В том же году завоевания Рима, 1870-м, состоялся в Италии плебисцит, в результате которого "вечный город" был провозглашен столицей Италии, и таковой он остается и по сей день. В бывшей резиденции пап, Квиринале, поселился итальянский король, после второй мировой войны - президент республики, а бывший дворец папского губернатора Рима, "Кардинала-викария", дворец Монтечиторию, стал зданием палаты депутатов итальянского парламента.
Однако, для роли столицы современного большого государства Рим мало подходит. Это уникальный исторический город, в котором многочисленные и яркие следы древней цивилизации тесно переплетаются с прекрасной архитектурой средневековья и Ренессанса. В то же время, несмотря на величественные дворцы, соборы, памятники, площади (вспомните, хотя бы, Пьяцца Навона), центр Рима сохранил характер плохо запланированной деревни. Узкие улицы без тротуаров, мощенные крупным булыжником (популярно называемым "санпьетрини", "камни Святого Петра"), очень неудобным для ходьбы. Проводить работы по модернизации практически невозможно: что ни камень, то кусок истории, ничего нельзя трогать. Муссолини попытался расширить некоторые центральные улицы вокруг Колизея, но осуществление этого проекта вызвало бы потерю такого количества исторических памятников, что вскоре он был остановлен. Из-за узости многих улиц общественный транспорт на поверхности плохо работает и не может обслуживать целые районы (лишь недавно введены "мини-автобусы").
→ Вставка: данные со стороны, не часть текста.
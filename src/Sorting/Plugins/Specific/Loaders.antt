-- ===== src/Sorting/Plugins/Specific/Loaders.antt =====
-- src/sorting/plugins.rs: the edges between early loaders, and from them.
use libloot.Prelude.{
  ℕ, ◌<◌, ◌≡◌, refl, sym, ap, ◌∙◌, subst, inl, inr, Bool, String, List, [], ◌∷◌, map, Memᴰ,
  mem_cons, not_mem_nil, Option, none, some, position, windows, arith,
}
use libloot.External.Petgraph.{Petgraph}
use libloot.Sorting.Graph.{Reach}
use libloot.Sorting.Vertex.{EdgeType}
use libloot.Sorting.Plugins.Data.{SortingPlugin, PluginSortingData, name}
use libloot.Sorting.Plugins.Graph.{PluginsGraph, add_edge}
use libloot.Sorting.Plugins.Graph.Paths.{next_of, IsCacheSound}
use libloot.Sorting.Plugins.Graph.Growth.{Reach-add_edge}
use libloot.Sorting.Plugins.Specific.{
  at, split_early_loaders, add_hardcoded_edges, add_hardcoded_edges_from,
}
use libloot.Sorting.Plugins.Specific.Names.{
  Extends, Extends-refl, Extends-trans, add_edge-Extends, Reach-Extends,
}
use libloot.Sorting.Plugins.TieBreak.Chain.{IsChain}
use libloot.Sorting.Plugins.Specific.Positions.{node}

module _ {E T : Type 0} (trait : SortingPlugin E T) (P : Petgraph (PluginSortingData T))
    (unicase_eq : String → String → Bool) where
  abbrev Graph : Type 0
  Graph = PluginsGraph trait P

  abbrev AreIn : Graph → List ℕ → Type 0
  AreIn graph l = (x : ℕ) → Memᴰ x l → x < P.node_count graph.inner

  pub add_hardcoded_edges-IsChain :
      (l : List (ℕ × ℕ)) (graph : Graph)
      → AreIn graph (map node l)
      → IsCacheSound trait P graph
      → Extends trait P graph (add_hardcoded_edges trait P unicase_eq (windows l) graph)
        × IsChain
            (next_of trait P (add_hardcoded_edges trait P unicase_eq (windows l) graph))
            (map node l)
  unfolding add_hardcoded_edges
  add_hardcoded_edges-IsChain [] graph h sound = (Extends-refl trait P graph sound, tt)
  add_hardcoded_edges-IsChain (p ∷ []) graph h sound = (Extends-refl trait P graph sound, tt)
  add_hardcoded_edges-IsChain (p ∷ q ∷ l) graph h sound =
      let hp = h (node p) (Memᴰ.head refl) in
      let hq = h (node q) (Memᴰ.tail (Memᴰ.head refl)) in
      let one = add_edge-Extends trait P graph (node p) (node q) EdgeType.hardcoded hp hq sound in
      let later =
        add_hardcoded_edges-IsChain (q ∷ l)
          (add_edge trait P (node p) (node q) EdgeType.hardcoded graph)
          (λ x m. omega (arith, h x (Memᴰ.tail m), one.grows.count)) one.sound in
      (
        Extends-trans trait P one later.0,
        (
          Reach-Extends trait P later.0
              (Reach-add_edge trait P graph (node p) (node q) EdgeType.hardcoded hp hq sound),
          later.1,
        ),
      )

  pub add_hardcoded_edges_from-Reach :
      (from : ℕ) (l : List ℕ) (graph : Graph)
      → from < P.node_count graph.inner
      → AreIn graph l
      → IsCacheSound trait P graph
      → Extends trait P graph (add_hardcoded_edges_from trait P unicase_eq from l graph)
        × ((x : ℕ)
            → Memᴰ x l
            → Reach
                (next_of trait P (add_hardcoded_edges_from trait P unicase_eq from l graph))
                from
                x)
  unfolding add_hardcoded_edges_from
  add_hardcoded_edges_from-Reach from [] graph hf h sound =
      (Extends-refl trait P graph sound, λ x m. absurd (not_mem_nil m))
  add_hardcoded_edges_from-Reach from (to ∷ l) graph hf h sound =
      let ht = h to (Memᴰ.head refl) in
      let one = add_edge-Extends trait P graph from to EdgeType.hardcoded hf ht sound in
      let graph' = add_edge trait P from to EdgeType.hardcoded graph in
      let later =
        add_hardcoded_edges_from-Reach from l graph' (omega (arith, hf, one.grows.count))
          (λ x m. omega (arith, h x (Memᴰ.tail m), one.grows.count)) one.sound in
      (
        Extends-trans trait P one later.0,
        λ x m. elim ((mem_cons x to l).0 m) [
          | inl same ↦
              subst
                (Reach (next_of trait P (add_hardcoded_edges_from trait P unicase_eq from l graph'))
                  from)
                (sym same)
                (Reach-Extends trait P later.0
                  (Reach-add_edge trait P graph from to EdgeType.hardcoded hf ht sound))
          | inr m' ↦ later.1 x m'
        ],
      )

  -- The position of a node's plugin among the early loaders.
  abbrev pub early_position : List String → Graph → ℕ → Option ℕ
  early_position early graph n =
      position (λ e. unicase_eq e (name trait (at trait P unicase_eq graph n))) early

  -- The two lists hold the early loaders with their positions, and the other nodes.
  pub record IsSplit (early : List String) (graph : Graph) (nodes : List ℕ)
      (r : List (ℕ × ℕ) × List ℕ) : Type 0 where
    pub loaders_in : (p : ℕ × ℕ) → Memᴰ p r.0 → Memᴰ (node p) nodes
    pub others_in : (x : ℕ) → Memᴰ x r.1 → Memᴰ x nodes
    pub loader : (x i : ℕ) → Memᴰ x nodes → early_position early graph x ≡ some i → Memᴰ (i, x) r.0
    pub other : (x : ℕ) → Memᴰ x nodes → early_position early graph x ≡ none → Memᴰ x r.1

  pub split_early_loaders-IsSplit :
      (early : List String) (nodes : List ℕ) (graph : Graph)
      → IsSplit early graph nodes (split_early_loaders trait P unicase_eq early nodes graph)
  unfolding split_early_loaders
  split_early_loaders-IsSplit early [] graph = record {
    loaders_in = λ p m. absurd (not_mem_nil m);
    others_in = λ x m. absurd (not_mem_nil m);
    loader = λ x i m e. absurd (not_mem_nil m);
    other = λ x m e. absurd (not_mem_nil m);
  }
  split_early_loaders-IsSplit early (n ∷ nodes) graph =
      go (early_position early graph n) refl
        (split_early_loaders trait P unicase_eq early nodes graph)
        (split_early_loaders-IsSplit early nodes graph)
    where
      same_position : (a b : ℕ) → some a ≡ some b → a ≡ b
      same_position a b h = cc

      go :
          (o : Option ℕ)
          → early_position early graph n ≡ o
          → (r : List (ℕ × ℕ) × List ℕ) → IsSplit early graph nodes r
          → IsSplit early graph (n ∷ nodes) (elim o as (λ x. List (ℕ × ℕ) × List ℕ) [
            | some i ↦ ((i, n) ∷ r.0, r.1)
            | none ↦ (r.0, n ∷ r.1)
          ])
      go none e r h = record {
        loaders_in = λ p m. Memᴰ.tail (h.loaders_in p m);
        others_in = λ x m. elim ((mem_cons x n r.1).0 m) [
          | inl same ↦ Memᴰ.head same
          | inr m' ↦ Memᴰ.tail (h.others_in x m')
        ];
        loader = λ x i m f. elim ((mem_cons x n nodes).0 m) [
          | inl same ↦ absurd (cc)
          | inr m' ↦ h.loader x i m' f
        ];
        other = λ x m f. elim ((mem_cons x n nodes).0 m) [
          | inl same ↦ Memᴰ.head same
          | inr m' ↦ Memᴰ.tail (h.other x m' f)
        ];
      }
      go (some k) e r h = record {
        loaders_in = λ p m. elim ((mem_cons p (k, n) r.0).0 m) [
          | inl same ↦ Memᴰ.head (ap node same)
          | inr m' ↦ Memᴰ.tail (h.loaders_in p m')
        ];
        others_in = λ x m. Memᴰ.tail (h.others_in x m);
        loader = λ x i m f. elim ((mem_cons x n nodes).0 m) [
          | inl same ↦
              Memᴰ.head
                (cc (same_position i k (sym f ∙ ap (λ w. early_position early graph w) same ∙ e)))
          | inr m' ↦ Memᴰ.tail (h.loader x i m' f)
        ];
        other = λ x m f. elim ((mem_cons x n nodes).0 m) [
          | inl same ↦ absurd (cc (sym f ∙ ap (λ w. early_position early graph w) same ∙ e))
          | inr m' ↦ h.other x m' f
        ];
      }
Под землей еще хуже. Построить разветвленную сеть метро не удалось. Попытка была сделана, но то и дело строители наталкивались на какие-то археологические находки, приходилось останавливать работы, проводить раскопки, обеспечивать сохранность обнаруженных объектов. Иногда надо было искать альтернативные трассы. Строительство одной линии метро, начатое в 30-х годах, затянулось на десятилетия, и еще сегодня сеть метро не может удовлетворять потребности трехмиллионного города. Можно себе представить, что это значит для столицы, где находятся министерства, бесчисленные учреждения, гражданские и церковные, куда стекаются миллионы посетителей и паломников со всего мира. Эта проблема особенно выпукло встала именно в этом году, когда папа Иоанн Павел Второй провозгласил юбилей двухтысячелетия христианства. Но надо сказать, что лево-центристская администрация Рима, во главе с мэром Франческо Рутелли, довольно хорошо справилась с, казалось бы, непосильной задачей.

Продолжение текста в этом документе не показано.